An Iconic Symbol of New York CityThe Flatiron Building, originally (and only officially) called the Fuller Building after a real estate company that owned it, is located at 175 Fifth Avenue in the borough of Manhattan, New York City. It was built in 1902 by Daniel H. Burnham, architect of the Chicago school.
First, A Little History
The original site had a building of a similar configuration, but the Fuller Building was on a completely different scale. Among the tenants on the site were the Erie Railroad offices (which had been there for decades), Wells Fargo, a dentist who used 'painless methods,' a chiropodist, a manicurist, and, behind it, a dealer in oriental rugs.
|A dramatic illustration of 23rd Street and Fifth Avenue, where the Flatiron Building would soon stand. From here you can see the taller Cumberland building which would be used for billboards.|
The top of the low-slung building there was prime advertising space, much like the north side of Times Square later would become.
The dates of early pictures taken of the Flatiron Building are sometimes hard to pin down.
|I like this shot because of the photographer shown in the lower right corner. The Heinz kept changing, too.|
However, the site, which had a low-slung professional building on the location, was cleared for construction around 1901. The building itself was completed in 1903.
The Flatiron was the subject of a lot of classic shots shortly while it was being built. You always had the standard distant, tree-lined shot with the hansom cabs, the ladies walking by, and a peekabo shot of the Flatiron itself in the distance.

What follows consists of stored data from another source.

-- ===== src/Store/Sql/Laws.antt =====
-- What `Save` of the MySQL store can do.
use protosource.Prelude.{String, ◌≡◌, ◌≢◌, refl, List, [], ◌∷◌, inl, inr, arith, length}
use protosource.Error.{Error, err, other, wrap}
use protosource.Repository.Types.{Record, Context}
use protosource.Repository.Stored.{Result-cases}
use protosource.Store.Sql.{Database, Insertion, insertion, save}

-- On a server that does not prepare an insertion whose columns and placeholders differ in number:
-- every call of `Save` fails, and none changes the tables.
pub save-err :
    {T : Type 0} (db : Database T)
    → ((ctx : Context) (i : Insertion) (t : T)
        → length i.columns ≢ i.placeholders
        → (e : Error) × (db.prepare ctx i t ≡ err e))
    → (ctx : Context) (id : String) (rs : List Record) (t : T)
    → (e : Error) × (save db ctx id rs t ≡ (err e, t))
unfolding save
save-err db counted ctx id [] t = (other "mysqlstore.Save: no records to save", refl)
save-err db counted ctx id (r ∷ rs) t = elim (Result-cases (db.begin_tx ctx t)) [
  | inr (e, failed) ↦
      (wrap "mysqlstore.Save: failed to begin transaction" e, rw (failed, save) refl)
  | inl (u, begun) ↦
      let (e, refused) = counted ctx insertion t (omega arith) in
      (
        wrap "mysqlstore.Save: failed to prepare statement" e,
        rw (begun, save) (rw (refused, save) refl),
      )
]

The 23rd Street area was the center of city life at the turn of the century. It was like 42nd Street is now. It was an area for women to promenade and men to offer them a ride.
There was a gentility that was enhanced by the elaborate fashions of the day.

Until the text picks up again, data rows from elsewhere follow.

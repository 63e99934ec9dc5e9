-- ===== src/Store/Tasks.antt =====
-- Tasks: UpsertTask, GetTask, FindTaskByPR, SetTaskPR, SetTaskPRDraft, MarkTaskCompleted,
-- MarkTaskOpen, IsTaskCompleted (internal/state/store.go, with the statements of
-- internal/state/sqlitegen/queries.sql.go).
pub mod Completion
use rascal.Prelude.{
  ℕ, Bool, true, false, Option, none, some, List, [], ◌∷◌, ltb, ◌==◌, ◌&&◌, ◌||◌, if◌then◌else◌,
}
use rascal.Prelude.Table.{select_one, exists_where, update_where}
use rascal.Text.{Text, is_empty, text_eq, trim_space}
use rascal.Runtime.{Runtime, normalize_runtime}
use rascal.Runtime
use rascal.Enums.{TaskStatus, task_open, task_completed, normalize_repo}
use rascal.Store.Schema.{Task, RunRow, Db, Error, required, not_found}
use rascal.Store.Tx.{Result, ok, err}
use rascal.Store.Sql.{task_is, is_queued, positive_or}

pub record UpsertTaskInput : Type 0 where
  pub id : Text
  pub repo : Text
  pub agent_runtime : Runtime
  pub issue_number : ℕ
  pub pr_number : ℕ
  pub pr_draft : Bool

abbrev pub new_task : ℕ → UpsertTaskInput → Task
new_task now i = record {
  id = i.id;
  repo = i.repo;
  agent_runtime = i.agent_runtime;
  issue_number = i.issue_number;
  pr_number = i.pr_number;
  pr_draft = i.pr_draft;
  status = task_open;
  last_run_id = [];
  created_at = now;
  updated_at = now;
}

-- ON CONFLICT(id) DO UPDATE.
abbrev pub merge_task : ℕ → UpsertTaskInput → Task → Task
merge_task now i t = record t {
  repo = i.repo;
  agent_runtime = i.agent_runtime;
  issue_number = positive_or i.issue_number t.issue_number;
  pr_number = positive_or i.pr_number t.pr_number;
  updated_at = now;
}

unfoldable pub put_task : ℕ → UpsertTaskInput → List Task → List Task
put_task now i tasks =
    if exists_where (task_is i.id) tasks
    then update_where (task_is i.id) (merge_task now i) tasks
    else new_task now i ∷ tasks

-- Whether a run of the task is queued: the column `pending_input` of the queries.
abbrev pub pending_input : List RunRow → Task → Bool
pending_input runs t =
    exists_where (λ row. text_eq row.run.task_id t.id && is_queued row.run.status) runs

abbrev pub with_input : List RunRow → Option Task → Option (Task × Bool)
with_input runs none = none
with_input runs (some t) = some (t, pending_input runs t)

unfoldable pub get_task : Text → Db → Option (Task × Bool)
get_task task_id db = with_input db.runs (select_one (task_is (trim_space task_id)) db.tasks)

unfoldable pub find_task_by_pr : Text → ℕ → Db → Option (Task × Bool)
find_task_by_pr repo pr_number db =
    with_input db.runs (
      select_one (λ t. text_eq t.repo (normalize_repo repo) && (t.pr_number == pr_number)) db.tasks)

abbrev pub found_or : Error → Option (Task × Bool) → Result (Task × Bool)
found_or e none = err e
found_or e (some t) = ok t

abbrev pub clean : UpsertTaskInput → UpsertTaskInput
clean i = record i {
  id = trim_space i.id;
  repo = normalize_repo i.repo;
  agent_runtime = normalize_runtime (Runtime.string i.agent_runtime);
}

abbrev pub put_and_get : ℕ → UpsertTaskInput → Db → Db × Result (Task × Bool)
put_and_get now i db = (
  record db { tasks = put_task now i db.tasks },
  found_or (not_found i.id) (get_task i.id (record db { tasks = put_task now i db.tasks })),
)

unfoldable pub upsert_task : ℕ → UpsertTaskInput → Db → Db × Result (Task × Bool)
upsert_task now i db =
    if is_empty (clean i).id || is_empty (clean i).repo
    then (db, err required)
    else put_and_get now (clean i) db

-- UPDATE tasks SET ... WHERE id = ?, which must affect a row.
abbrev pub change_task : Text → (Task → Task) → Db → Db × Result (Unit {0})
change_task id set db =
    if exists_where (task_is id) db.tasks
    then (record db { tasks = update_where (task_is id) set db.tasks }, ok tt)
    else (db, err (not_found id))

unfoldable pub set_task_pr : ℕ → Text → ℕ → Db → Db × Result (Unit {0})
set_task_pr now task_id pr_number db =
    if is_empty (trim_space task_id)
    then (db, err required)
    else if ltb 0 pr_number
    then change_task (trim_space task_id)
        (λ t. record t { pr_number = pr_number; updated_at = now }) db
    else (db, ok tt)

unfoldable pub set_task_pr_draft : ℕ → Text → Bool → Db → Db × Result (Unit {0})
set_task_pr_draft now task_id draft db =
    if is_empty (trim_space task_id)
    then (db, err required)
    else change_task (trim_space task_id) (λ t. record t { pr_draft = draft; updated_at = now }) db

abbrev pub set_status : ℕ → TaskStatus → Task → Task
set_status now status t = record t { status = status; updated_at = now }

unfoldable pub mark_task_completed : ℕ → Text → Db → Db × Result (Unit {0})
mark_task_completed now task_id db =
    if is_empty (trim_space task_id)
    then (db, err required)
    else change_task (trim_space task_id) (set_status now task_completed) db

unfoldable pub mark_task_open : ℕ → Text → Db → Db × Result (Unit {0})
mark_task_open now task_id db =
    if is_empty (trim_space task_id)
    then (db, err required)
    else change_task (trim_space task_id) (set_status now task_open) db

abbrev pub is_completed : TaskStatus → Bool
is_completed task_completed = true
is_completed task_open = false

abbrev pub completed_row : Option Task → Bool
completed_row none = false
completed_row (some t) = is_completed t.status

unfoldable pub is_task_completed : Text → Db → Bool
is_task_completed task_id db = completed_row (select_one (task_is (trim_space task_id)) db.tasks)
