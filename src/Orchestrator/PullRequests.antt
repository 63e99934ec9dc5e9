-- ===== src/Orchestrator/PullRequests.antt =====
-- The pull requests of tasks in internal/orchestrator/scheduler.go: finding their tasks and branches,
-- and bringing the runs of a pull request up to date when it is closed, merged or reopened, or when a
-- review thread is resolved. What an update reads from the clock, and the failures of the database, are
-- given for each run. The names of repositories and branches are compared as the code does; those of
-- repositories are ASCII.
pub mod AtRest
use rascal.Prelude.{
  ℕ, Bool, true, false, not, ◌&&◌, ◌||◌, Option, none, some, List, [], ◌∷◌, ltb, ◌==◌,
  if◌then◌else◌,
}
use rascal.Text.{Text, codes, is_empty, text_eq, trim_space}
use rascal.Text.Search.{equal_fold}
use rascal.Status.{RunStatus, review, succeeded, canceled, pr_closed}
use rascal.Enums.{
  PrStatus, pr_open, pr_merged, pr_closed_unmerged, task_open, task_completed, TaskStatus,
  normalize_repo,
}
use rascal.Store.Schema.{Run, Task, Db}
use rascal.Store.Tx.{ok, Faults}
use rascal.Store.Runs.{list_runs, last_run_for_task, update_run_by}
use rascal.Store.Tasks.{get_task, find_task_by_pr}
use rascal.Orchestrator.StateMachine.{transition_batch, with_error, with_reason}

pub record Call : Type 0 where
  pub faults : Faults
  pub at : ℕ
  pub now : ℕ

abbrev pub is_review : RunStatus → Bool
is_review review = true
is_review _ = false

abbrev pub is_merged : PrStatus → Bool
is_merged pr_merged = true
is_merged _ = false

abbrev pub same_pr : Text → ℕ → Run → Bool
same_pr repo n run = equal_fold run.repo repo && run.pr_number == n

abbrev pub set_pr_status : PrStatus → Run → Run
set_pr_status s r = record r { pr_status = s }

-- The loop over the listed runs.
unfoldable pub for_runs : (Run → Db → Db) → List Run → Db → Db
for_runs step [] db = db
for_runs step (r ∷ rs) db = for_runs step rs (step r db)

abbrev pub merge_run : Call → Run → Db → Db
merge_run c run db =
    if is_review run.status
    then (transition_batch c.faults c.at c.now run.id succeeded (set_pr_status pr_merged) [] db).0
    else (update_run_by c.faults c.now run.id (λ r. ok (set_pr_status pr_merged r)) db).0

abbrev pub close_run : Call → Run → Db → Db
close_run c run db =
    if is_review run.status
    then (transition_batch c.faults c.at c.now run.id canceled (set_pr_status pr_closed_unmerged)
        (with_error (codes "pull request closed without merge") ∷ with_reason pr_closed ∷ []) db).0
    else (update_run_by c.faults c.now run.id (λ r. ok (set_pr_status pr_closed_unmerged r)) db).0

abbrev pub close_unless_merged : Call → Run → Db → Db
close_unless_merged c run db = if is_merged run.pr_status then db else close_run c run db

abbrev pub merge_or_close : Bool → Call → Run → Db → Db
merge_or_close true c run db = merge_run c run db
merge_or_close false c run db = close_unless_merged c run db

unfoldable pub reconcile_closed_run : (Text → Call) → Text → ℕ → Bool → Run → Db → Db
reconcile_closed_run calls repo n merged run db =
    if not (same_pr repo n run) then db else merge_or_close merged (calls run.id) run db

unfoldable pub reconcile_closed_pr_runs : ℕ → (Text → Call) → Text → ℕ → Bool → Db → Db
reconcile_closed_pr_runs max_runs calls repo n merged db =
    if is_empty (normalize_repo repo) || n == 0
    then db
    else for_runs (reconcile_closed_run calls (normalize_repo repo) n merged)
        (list_runs max_runs 10000 db) db

abbrev pub reopened : Run → Run
reopened r = if is_merged r.pr_status then r else set_pr_status pr_open r

unfoldable pub reconcile_reopened_run : (Text → Call) → Text → ℕ → Run → Db → Db
reconcile_reopened_run calls repo n run db =
    if not (same_pr repo n run) || is_merged run.pr_status
    then db
    else (update_run_by (calls run.id).faults (calls run.id).now run.id (λ r. ok (reopened r)) db).0

unfoldable pub reconcile_reopened_pr_runs : ℕ → (Text → Call) → Text → ℕ → Db → Db
reconcile_reopened_pr_runs max_runs calls repo n db =
    if is_empty (normalize_repo repo) || n == 0
    then db
    else for_runs (reconcile_reopened_run calls (normalize_repo repo) n)
        (list_runs max_runs 10000 db) db

-- A task, with the column `pending_input`.
unfoldable pub task_for_pr : Text → ℕ → Db → Option (Task × Bool)
task_for_pr repo n db =
    if is_empty (normalize_repo repo) || n == 0 then none else find_task_by_pr repo n db

abbrev pub is_open : TaskStatus → Bool
is_open task_open = true
is_open task_completed = false

abbrev pub active_task : Option (Task × Bool) → Option (Task × Bool)
active_task none = none
active_task (some (t, p)) = if is_open t.status && not t.pr_draft then some (t, p) else none

unfoldable pub active_task_for_pr : Text → ℕ → Db → Option (Task × Bool)
active_task_for_pr repo n db = active_task (task_for_pr repo n db)

abbrev or_later : Option (Task × Bool) → Option (Task × Bool) → Option (Task × Bool)
or_later none later = later
or_later (some t) later = some t

abbrev on_branch : Text → Text → Run → Bool
on_branch repo head_branch run =
    equal_fold run.repo repo && text_eq (trim_space run.head_branch) head_branch

unfoldable pub task_on_branch : Text → Text → List Run → Db → Option (Task × Bool)
task_on_branch repo head_branch [] db = none
task_on_branch repo head_branch (run ∷ runs) db =
    let later = task_on_branch repo head_branch runs db in
    if on_branch repo head_branch run then or_later (get_task run.task_id db) later else later

unfoldable pub task_for_head_branch : ℕ → Text → Text → Db → Option (Task × Bool)
task_for_head_branch max_runs repo head_branch db =
    if is_empty (normalize_repo repo) || is_empty (trim_space head_branch)
    then none
    else task_on_branch (normalize_repo repo) (trim_space head_branch) (list_runs max_runs 10000 db)
        db

unfoldable pub active_task_for_head_branch : ℕ → Text → Text → Db → Option (Task × Bool)
active_task_for_head_branch max_runs repo head_branch db =
    active_task (task_for_head_branch max_runs repo head_branch db)

abbrev or_text : Text → Text → Text
or_text s d = if is_empty s then d else s

abbrev field_or : (Run → Text) → Text → Option Run → Text
field_or field d none = d
field_or field d (some run) = or_text (field run) d

unfoldable pub first_known_base_branch : Text → Text → Db → Text
first_known_base_branch task_id preferred db =
    or_text (trim_space preferred)
      (field_or (λ r. r.base_branch) (codes "main") (last_run_for_task task_id db))

unfoldable pub first_known_head_branch : Text → Text → Db → Text
first_known_head_branch task_id preferred db =
    or_text (trim_space preferred) (field_or (λ r. r.head_branch) [] (last_run_for_task task_id db))

unfoldable pub first_known_instruction : Text → Text → Db → Text
first_known_instruction task_id fallback db =
    field_or (λ r. trim_space r.instruction) (trim_space fallback) (last_run_for_task task_id db)

-- With the issue to which the result is reported.
abbrev on_branch_issue : Option (Task × Bool) → Option (Task × ℕ)
on_branch_issue none = none
on_branch_issue (some (t, _)) = some (t, if ltb 0 t.pr_number then t.pr_number else t.issue_number)

abbrev of_pull : ℕ → Option (Task × Bool) → Option (Task × ℕ) → Option (Task × ℕ)
of_pull n none other = other
of_pull n (some (t, _)) other = some (t, n)

-- `activeTaskForCheckFailure` of internal/orchestrator/webhook.go.
unfoldable pub active_task_for_check_failure : ℕ → Text → ℕ → Text → Db → Option (Task × ℕ)
active_task_for_check_failure max_runs repo n head_branch db =
    let by_branch = on_branch_issue (active_task_for_head_branch max_runs repo head_branch db) in
    if ltb 0 n then of_pull n (active_task_for_pr repo n db) by_branch else by_branch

The Great Building Arrives
Under construction 1901|
Many professional photographers were located nearby (note, for instance, the signs in some of the shots).
|1902. The horse still rules the road.|
This was unusual because there weren't that many photographers at all in those days. Remember, though, that "Hollywood" was just a few blocks down on 14th Street then and would be until 1911.
|Flatiron 1902, just completed.|
The technology was still fairly new, and the new building was a perfect showcase for their abilities.
|Colonel Donovan and staff of 165th Infantry, passing under the Victory Arch on 23rd Street and Broadway across from the Flatiron Building. The Arch was demolished soon after. 1919. (by The U.S. National Archives, via Flickr)|
Around the time of World War I, the intersection of Broadway and Fifth Avenue was one of the city's great centers. The victory parade for World War I focused on the square, which is so massive that they were able to erect temporary columns and a wooden victory arch as in Roman days which the marchers could pass through.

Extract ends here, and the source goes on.